Sobre a Intimidade

José Danilo Rangel

1.
Não sei pra vocês, mas pra mim, sexo
não é essa coisa toda, não sempre,
essa comunhão de entes que se buscam
sôfregos e por um momento, se encontram,
no êxtase maior de sua humanidade.
Às vezes, é só o bom fim de uma noite boa,
em que você dançou, bebeu e acertou
na conversa fiada, uma brincadeira a mais
pra se divertir.

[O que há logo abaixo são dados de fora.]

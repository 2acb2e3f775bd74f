-- ===== src/Validate/Stage.antt =====
-- Stage reports, crates/aa-validate/src/stage.rs.
use prolog_forge.Prelude.{
  ◌≡◌, ◌↔◌, refl, List, [], ◌∷◌, Option, Bool, true, false, not, ◌||◌, arith, Str, Map, All,
}
use prolog_forge.Graph.Store.{GraphError}
use prolog_forge.Rules.Eval.{EvalError}

pub record ValidationContext : Type 0 where
  pub shadow_files : Map Str Str
  pub original_files : Map Str Str

pub data Severity : Type 0 where
  error warning info : Severity

pub data Message : Type 0 where
  syn_parse_error : Str → Message
  graph_insert : GraphError → Message
  shadow_analyze : Str → Message
  rule_engine : EvalError → Message
  violation : List Str → Message

pub record Diagnostic : Type 0 where
  pub severity : Severity
  pub file : Option Str
  pub message : Message

pub record StageReport : Type 0 where
  pub stage : Str
  pub ok : Bool
  pub diagnostics : List Diagnostic

unfoldable pub is_error : Diagnostic → Bool
is_error d = elim d.severity [
  | Severity.error ↦ true
  | Severity.warning ↦ false
  | Severity.info ↦ false
]

unfoldable pub any_error : List Diagnostic → Bool
unfolding is_error
any_error [] = false
any_error (d ∷ ds) = is_error d || any_error ds

-- `StageReport::ok`.
unfoldable pub passed : Str → StageReport
passed stage = record { stage = stage; ok = true; diagnostics = [] }

unfoldable pub with_errors : Str → List Diagnostic → StageReport
unfolding any_error
with_errors stage diagnostics = record {
  stage = stage;
  ok = not (any_error diagnostics);
  diagnostics = diagnostics;
}

-- A stage: its name and its check.
pub record ValidationStage : Type 0 where
  pub name : Str
  pub validate : ValidationContext → StageReport

-- Every diagnostic is an error.
abbrev pub AllErrors : List Diagnostic → Type 0
AllErrors ds = All (λ d. is_error d ≡ true) ds

-- A report of errors alone passes exactly when it has none.
pub with_errors-ok :
    (stage : Str) (ds : List Diagnostic)
    → AllErrors ds
    → ((with_errors stage ds).ok ≡ true) ↔ (ds ≡ [])
unfolding with_errors any_error
with_errors-ok stage [] h = (λ e. refl, λ e. refl)
with_errors-ok stage (d ∷ ds) (h, hs) = (λ e. absurd (ground arith), λ e. absurd (cc))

Você está afim, ela também está,
a carne fala, vocês ouvem, acontece.
A mecânica da sacanagem é essa.
Às vezes, é só instinto, tesão,
e então, não é muito diferente
do que fazem os cachorros na rua.
E nisso, não tem nada de intimidade.
2.
Intimidade
é compartilhar o incompartilhável,
a beleza difícil e improvável dos dias comuns,
e isso não é coisa tão bonita como nos romances
em que as mulheres são fadas sem intestinos
e os homens só aparecem limpos e perfumados.
Dar as mãos cotidiano afora, a dentro, pelos
dias de turbulência e de marasmo, lidar com as
questões práticas, hora de lavar as louças, hora de
escovar os pés, cortar as unhas, esfregar a casa,
Estar perto é isso, é conhecer e se deixar conhecer,
nos momentos da privacidade, permitir espiadelas
e também espiar. Abrir mão da carapaça com
que encontramos o mundo e dele nos protegemos,
com que o atacamos.
Alguém que veja como você acorda e vai dormir,
e como se irrita por ir pagar as contas do mês
num banco ou numa lotérica onde dez mil outras pessoas
também o fazem, alguém que veja você andar
sempre de calção (só de calção) pela casa e resistir
a tomar banho num dia frio, alguém que sabe como
você é em casa não só nos seus melhores momentos,
que já viu você com dor de dente e foi comprar analgésico,
a esse alguém você pode chamar de íntimo.
3.
Muitos vão ouvir os seus sonhos e mesmo
aquilo que tiver de mais obscuro, sua história,
seus relatos, glória e miséria, vão pegando por aí,
aos poucos, o pouco que por aí deixar transparecer,
ou declarar naquelas noites em bares ou pubs ou em
conversas pela faculdade, pelo trabalho, por aí,
Mas o dia a dia, a parte da vida que não está
nos filmes ou nos seriados, o passar das horas,
o que não se conta, só a quem queremos perto
damos permissão para espiar e mesmo olhar
abertamente.
E se a pessoa olha você no seu dia a dia
e fica e se enrosca em você, não só com braços e pernas,
então você pode falar, dos seus recreios libidinosos,
foi um momento de intimidade, um encontro.

José Danilo Rangel

José Danilo Rangel tem 29 anos, é cearense, de Itaitinga, vive há 20 anos em Porto Velho, Rondônia, e já foi conhecido nas rodas undergrounds portovelhenses, por ser esportista radical e pela frequência (e confusões) em festas de metal. Sempre leu muito, mas não gostava de Poesia, na verdade, considerava-a futilidade. Escrevia artigos, crônicas, contos, mas nada em verso. Apaixonado, entanto, decidiu escrever um soneto para se declarar, foi assim que encontrou na Poesia um meio de falar sobre o que sempre achou importante falar.